# Think like a kangaroo! Can your fur sona bounce and jump around?



## Jacob Bender (May 2, 2019)

*BOING!* *BOING BOING!**BOIIIIIIIIING!*
Sorry.
Hey dudes, it’s DJLaunchpad22 aka DJ Jumpsta, and I’d like to know if any of y’all are furries that can bounce (by means of movement, fun or both, etc.).
If not. Do you have  or know a 
furry friend that CAN bounce?
(He can either bounce on a ball, tail, his butt or just like a frog,bunny, or kangaroo can)
Everyone online right now, please check this out for “S and giggles”


----------



## Guifrog (May 4, 2019)

Yesh! I love ta bounce!
It can be like boing, boing
But if I go too high it goes *BOING, BOING!*


----------



## Jinxie (May 4, 2019)

Guifrog said:


> Yesh! I love ta bounce!
> It can be like boing, boing
> But if I go too high it goes *BOING, BOING!*


Kawaii! Go-go-go, Guifrog-San! Bouncies! Jinxie does bouncies, fer sure! Especially after Jinxie has fun hackin' and makin'.

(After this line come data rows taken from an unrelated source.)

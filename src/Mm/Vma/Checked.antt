-- ===== src/Mm/Vma/Checked.antt =====
-- `check_range` beside its specification: the flags of every address in a range.
use old_boruixkernel.Common.{
  ℕ, ◌+◌, ◌≤◌, ◌<◌, ◌≡◌, ◌↔◌, refl, sym, ap, ◌∙◌, subst, Bool, true, false, Option, none, some,
  List, [], ◌∷◌, ◌++◌, arith, All, All-imp, leb, ◌==◌, Bool-cases, Option-cases, inl, inr, word_max,
  length, length-append, append-nil, leb→le, leb→gt, ◌⊎◌, ==_iff,
}
use old_boruixkernel.Mm.Vma.Area.{MemoryArea, contains, contains_bounds}
use old_boruixkernel.Mm.Vma.{Tree, areas}
use old_boruixkernel.Mm.Vma.Shape.{IsSound}
use old_boruixkernel.Mm.Vma.Order.{
  Chain, Chain-cut, Within, Chain-Within, NextOf, no_next, next, find_next-NextOf,
}
use old_boruixkernel.Mm.Vma.Containing.{scan, find_containing-scan}
use old_boruixkernel.Mm.Vma.Lookup.{find_containing, find_next}
use old_boruixkernel.Mm.Vma.RangeProofs.{Mapped, first, Ahead, loop_Answers}
use old_boruixkernel.Mm.Vma.Range.{check_range, or_next}

scan_split :
    (addr : ℕ) (xs : List MemoryArea) {a : MemoryArea}
    → scan addr xs ≡ some a
    → (ls rs : List MemoryArea) × (xs ≡ ls ++ (a ∷ rs)) × (contains a addr ≡ true)
unfolding scan
scan_split addr [] e = cc
scan_split addr (x ∷ xs) {a} e = elim (Bool-cases (contains x addr)) [
  | inl y ↦ ([], xs, ground arith, ground arith)
  | inr n ↦
      let (ls, rs, q, w) = scan_split addr xs {a = a} (ground arith) in
      (x ∷ ls, rs, ap (λ ys. x ∷ ys) q, w)
]

scan-none_past :
    (addr : ℕ) (xs ys : List MemoryArea)
    → scan addr (xs ++ ys) ≡ none
    → All (λ b. b.start ≤ addr) xs
    → All (λ b. b.end ≤ addr) xs
unfolding scan contains
scan-none_past addr [] ys e h = tt
scan-none_past addr (x ∷ xs) ys e h = (ground arith, scan-none_past addr xs ys (ground arith) h.1)

module _ (permits : ℕ → Bool) (t : Tree) (s : IsSound t) (c : Chain 0 word_max (areas t)) where
  seen : (addr : ℕ) → find_containing t addr ≡ scan addr (areas t)
  seen addr = find_containing-scan t addr 0 word_max s c

  missed :
      (addr : ℕ)
      → scan addr (areas t) ≡ none
      → (found : Option MemoryArea) → NextOf addr none (areas t) found
      → (ls rs : List MemoryArea) × (areas t ≡ ls ++ rs)
        × (found ≡ first rs)
        × All (λ b. b.end ≤ addr) ls
        × Ahead addr rs
  missed addr e found (no_next f all) = (
    areas t,
    [],
    sym (append-nil (areas t)),
    f,
    scan-none_past addr (areas t) [] (rw (append-nil (areas t)) e)
        (All-imp (λ b. b.start < addr) (λ b. b.start ≤ addr) (λ b k. omega arith) (areas t) all),
    tt,
  )
  missed addr e found (next ls a rs q f le all) =
      let (cl, ca, cr) = Chain-cut 0 word_max ls a rs (subst (Chain 0 word_max) q c) in
      (
        ls,
        a ∷ rs,
        q,
        f,
        scan-none_past addr ls (a ∷ rs) (rw q at e)
            (All-imp (λ b. b.start < addr) (λ b. b.start ≤ addr) (λ b k. omega arith) ls all),
        omega arith,
      )

  -- The first lookups of `check_range` find the first area that ends after the address.
  first_lookup :
      (addr : ℕ)
      → (ls rs : List MemoryArea) × (areas t ≡ ls ++ rs)
        × (or_next t addr (find_containing t addr) ≡ first rs)
        × All (λ b. b.end ≤ addr) ls
        × Ahead addr rs
  unfolding find_next
  first_lookup addr = elim (Option-cases (find_containing t addr)) [
    | inr (a, e) ↦
        let (ls, rs, q, w) = scan_split addr (areas t) (sym (seen addr) ∙ e) in
        let (cl, ca, cr) = Chain-cut 0 word_max ls a rs (subst (Chain 0 word_max) q c) in
        let (low, high) = contains_bounds a addr w in
        (
          ls,
          a ∷ rs,
          q,
          rw e refl,
          All-imp (Within 0 a.start) (λ b. b.end ≤ addr) (λ b k. omega arith) ls
              (Chain-Within 0 a.start ls cl),
          high,
        )
    | inl e ↦
        rw e (missed addr (sym (seen addr) ∙ e) _ (find_next-NextOf t addr 0 word_max none s c))
  ]

  -- With fuel for every area and two units more, `check_range` answers, and it answers true exactly
  -- if the range is empty, or if it ends within the address space and every address in it is mapped
  -- with flags that are permitted.
  pub check_range-Mapped :
      (fuel addr size : ℕ)
      → length (areas t) + 1 < fuel
      → (b : Bool) × (check_range fuel permits t addr size ≡ some b)
        × ((b ≡ true) ↔ (
            (size ≡ 0) ⊎ ((addr + size ≤ word_max) × Mapped permits (areas t) addr (addr + size))))
  unfolding check_range
  check_range-Mapped fuel addr size f = elim (Bool-cases (size == 0)) [
    | inl empty ↦ rw empty (true, refl, (λ _. inl ((==_iff size 0).0 empty), λ _. refl))
    | inr some_left ↦ elim (Bool-cases (leb (addr + size) word_max)) [
      | inr out ↦
          rw (some_left, out)
            (
              false,
              refl,
              (λ e. cc, λ h. absurd (ground (arith, leb→gt (addr + size) word_max out))),
            )
      | inl fits ↦
          let (ls, rs, e, head, past, ahead) = first_lookup addr in
          let n : addr < addr + size = ground arith in
          let (b, q, both) =
            loop_Answers permits t word_max s c fuel addr (addr + size) ls rs n e past ahead
              (omega (arith, ap length e, length-append ls rs)) in
          rw (some_left, fits, head)
            (
              b,
              q,
              (
                λ y. inr (leb→le (addr + size) word_max fits, both.0 y),
                λ h. elim h [ inl z ↦ absurd (ground arith) | inr k ↦ both.1 k.1 ],
              ),
            )
    ]
  ]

Jinxie's got the bouncy-bounce
Nasties got the trouncy-trounce
Does little Jinxie e'er despair?
Nopies, not an ouncy-ounce!

*giggle*


----------



## Keefur (May 4, 2019)

Not that I wouldn't like to bounce around, but I think I'm too old to bounce around.


----------



## Firuthi Dragovic (May 4, 2019)

Unless trampolines or insufficient funds are involved, my dragon 'sona Firuthi can't bounce.  Too much body density.

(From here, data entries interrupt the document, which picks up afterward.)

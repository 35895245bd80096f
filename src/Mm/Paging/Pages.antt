-- ===== src/Mm/Paging/Pages.antt =====
-- The loop of `check_range_mapped` over the pages of a range.
use old_boruixkernel.Common.{
  ℕ, zero, suc, ◌+◌, ◌-◌, ◌*◌, ◌/◌, ◌≤◌, ◌<◌, ◌≡◌, ◌≢◌, max, ◌↔◌, refl, sym, ap, ap₂, ◌∙◌, Bool,
  true, false, some, ◌==◌, arith, Bool-cases, inl, inr, subst,
}
use old_boruixkernel.Mm.Paging.{page_loop, align_down}

-- With fuel for the pages the loop answers, and it answers true exactly if it accepts all of them.
pages_lem :
    (ok : ℕ → Bool) (fuel k n : ℕ)
    → n < fuel
    → (b : Bool) × (page_loop fuel ok (k * 4096) ((k + n) * 4096) ≡ some b)
      × ((b ≡ true) ↔ ((j : ℕ) → j ≤ n → ok ((k + j) * 4096) ≡ true))
unfolding page_loop
pages_lem ok zero k n h = ground arith
pages_lem ok (suc fuel) k n h =
    let first : (k + 0) * 4096 ≡ k * 4096 = omega arith in
    elim (Bool-cases (ok (k * 4096))) [
      | inr bad ↦ (
        false,
        rw (bad, page_loop) refl,
        (λ e. cc, λ all_ok. sym bad ∙ ap ok (sym first) ∙ all_ok 0 (omega arith)),
      )
      | inl good ↦ elim (Bool-cases (n == 0)) [
        | inl done ↦
            let only : (j : ℕ) → j ≤ n → ok ((k + j) * 4096) ≡ true = λ j le.
              let at : k * 4096 ≡ (k + j) * 4096 = ground arith in
              subst (λ x. ok x ≡ true) at good in
            let ends : (k * 4096 == (k + n) * 4096) ≡ true = ground arith in
            (true, rw (good, ends, page_loop) refl, (λ _. only, λ _. refl))
        | inr more ↦
            let (b, e, both) = pages_lem ok fuel (k + 1) (n - 1) (ground arith) in
            let on : (k * 4096 == (k + n) * 4096) ≡ false = ground arith in
            let step : (k + 1) * 4096 ≡ k * 4096 + 4096 = omega arith in
            let same : (k + 1 + (n - 1)) * 4096 ≡ (k + n) * 4096 = ground arith in
            (
              b,
              rw (good, on, page_loop)
                  (ap₂ (λ x y. page_loop fuel ok x y) (sym step) (sym same) ∙ e),
              (
                λ q j le. elim (Bool-cases (j == 0)) [
                  | inl z ↦
                      let at : k * 4096 ≡ (k + j) * 4096 = ground arith in
                      subst (λ x. ok x ≡ true) at good
                  | inr nz ↦
                      let at : (k + 1 + (j - 1)) * 4096 ≡ (k + j) * 4096 = ground arith in
                      subst (λ x. ok x ≡ true) at (both.0 q (j - 1) (ground arith))
                ],
                λ all_ok. both.1 (λ j le.
                    let at : (k + (j + 1)) * 4096 ≡ (k + 1 + j) * 4096 = omega arith in
                    subst (λ x. ok x ≡ true) at (all_ok (j + 1) (ground arith))),
              ),
            )
      ]
    ]

-- The pages of a range that is not empty are those of its addresses.
pub pages_of_range :
    (ok : ℕ → Bool) (fuel addr size : ℕ)
    → size ≢ 0
    → size / 4096 + 1 < fuel
    → (b : Bool) × (page_loop fuel ok (align_down addr) (align_down (addr + size - 1)) ≡ some b)
      × ((b ≡ true) ↔ ((a : ℕ) → addr ≤ a → a < addr + size → ok (align_down a) ≡ true))
pages_of_range ok fuel addr size some_left enough =
    let k = addr / 4096 in
    let n = (addr + size - 1) / 4096 - k in
    let whole : (k + n) * 4096 ≡ align_down (addr + size - 1) = omega arith in
    let (b, e, both) = pages_lem ok fuel k n (omega arith) in
    (
      b,
      ap (λ x. page_loop fuel ok (align_down addr) x) (sym whole) ∙ e,
      (
        λ q a from to.
            let at : (k + (a / 4096 - k)) * 4096 ≡ align_down a = omega arith in
            subst (λ x. ok x ≡ true) at (both.0 q (a / 4096 - k) (omega arith)),
        λ all_ok. both.1 (λ j le.
            let at : align_down (max addr ((k + j) * 4096)) ≡ (k + j) * 4096 = omega arith in
            subst (λ x. ok x ≡ true) at
              (all_ok (max addr ((k + j) * 4096)) (omega arith) (omega arith))),
      ),
    )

If we delve into OCs I've got one that can bounce properly (Dural, a wallaby).  I'd say two, but the other one that bounces is a robot and that's more of a network-masking kind of bounce, not the jumping kind.  Though I suppose he could install springing legs that let him bounce the normal way.


----------



## Skychickens (May 5, 2019)

LV bounces when they get excited.


----------



## Croc and Roll (May 10, 2019)

Crocodiles aren't exactly known for jumping, so no.
Maybe she can jump out of water?


----------



## Jacob Bender (Jul 14, 2019)

Guifrog said:


> Yesh! I love ta bounce!
> It can be like boing, boing
> But if I go too high it goes *BOING, BOING!*


Rad!


----------



## Jacob Bender (Jul 14, 2019)

Jinxie said:


> Kawaii! Go-go-go, Guifrog-San! Bouncies! Jinxie does bouncies, fer sure! Especially after Jinxie has fun hackin' and makin'.
> 
> Jinxie's got the bouncy-bounce
> Nasties got the trouncy-trounce
> ...


Thanks! Following you


----------



## Jacob Bender (Jul 14, 2019)

TheCynicalViet said:


> Ye, my fursona (like me) is a boxer though so bouncing is only second nature to him.


Cool!


----------



## FluffyShutterbug (Jul 14, 2019)

I liek hopping.


----------



## Deleted member 82554 (Jul 14, 2019)

This thread has me a little...


----------



## Narri (Jul 14, 2019)

FluffyShutterbug said:


> I liek hopping.



This is literally the cutest thing I've seen all day X3


----------



## FluffyShutterbug (Jul 14, 2019)

AlaricTheDragon said:


> This is literally the cutest thing I've seen all day X3


Aww, thanks! ^W^


----------



## Narri (Jul 14, 2019)




----------



## Jacob Bender (Jul 14, 2019)

Awesome


----------



## Bluefiremark II (Jul 14, 2019)

Birbs are pretty good at hoppin around when they're not flyin~


----------



## Jacob Bender (Jul 15, 2019)

Jinxie said:


> Kawaii! Go-go-go, Guifrog-San! Bouncies! Jinxie does bouncies, fer sure! Especially after Jinxie has fun hackin' and makin'.
> 
> Jinxie's got the bouncy-bounce
> Nasties got the trouncy-trounce
> ...


Cool!


----------



## Jacob Bender (Jul 16, 2019)

Mr. Fox said:


> This thread has me a little...
> 
> View attachment 65746


But why tho?


----------



## Jacob Bender (Jul 16, 2019)

Bluefiremark II said:


> Birbs are pretty good at hoppin around when they're not flyin~


Cool!


----------



## Jacob Bender (Jul 16, 2019)

Narri said:


>


Cool


----------



## William Vincent Afton (Jul 16, 2019)

I boingy boing boing, but not often. I prefer to eat my sandwiches... staring creepily... at you... the entire time... I eat the sandwich....


----------



## Jacob Bender (Jul 17, 2019)

Ah


----------



## Deleted member 82554 (Jul 17, 2019)

Jacob Bender said:


> But why tho?


Refer to above video.


----------



## Doodle Bunny (Jul 17, 2019)

Naturally. I am a rabbit after all.


----------



## Jacob Bender (Jul 17, 2019)

K


Mr. Fox said:


> Refer to above video.


k


----------



## Jacob Bender (Jul 17, 2019)

Doodle Bunny said:


> Naturally. I am a rabbit after all.


Yep


----------



## cyborgdeer (Jul 22, 2019)

I don't have to jump. I have wings. I fly.
hashtag moth perks.


----------



## Simo (Jul 22, 2019)

Yes.


----------



## Jacob Bender (Jul 22, 2019)

cyborgdeer said:


> I don't have to jump. I have wings. I fly.
> hashtag moth perks.


Cool


----------



## Jacob Bender (Jul 22, 2019)

Simo said:


> Yes.


Ah


----------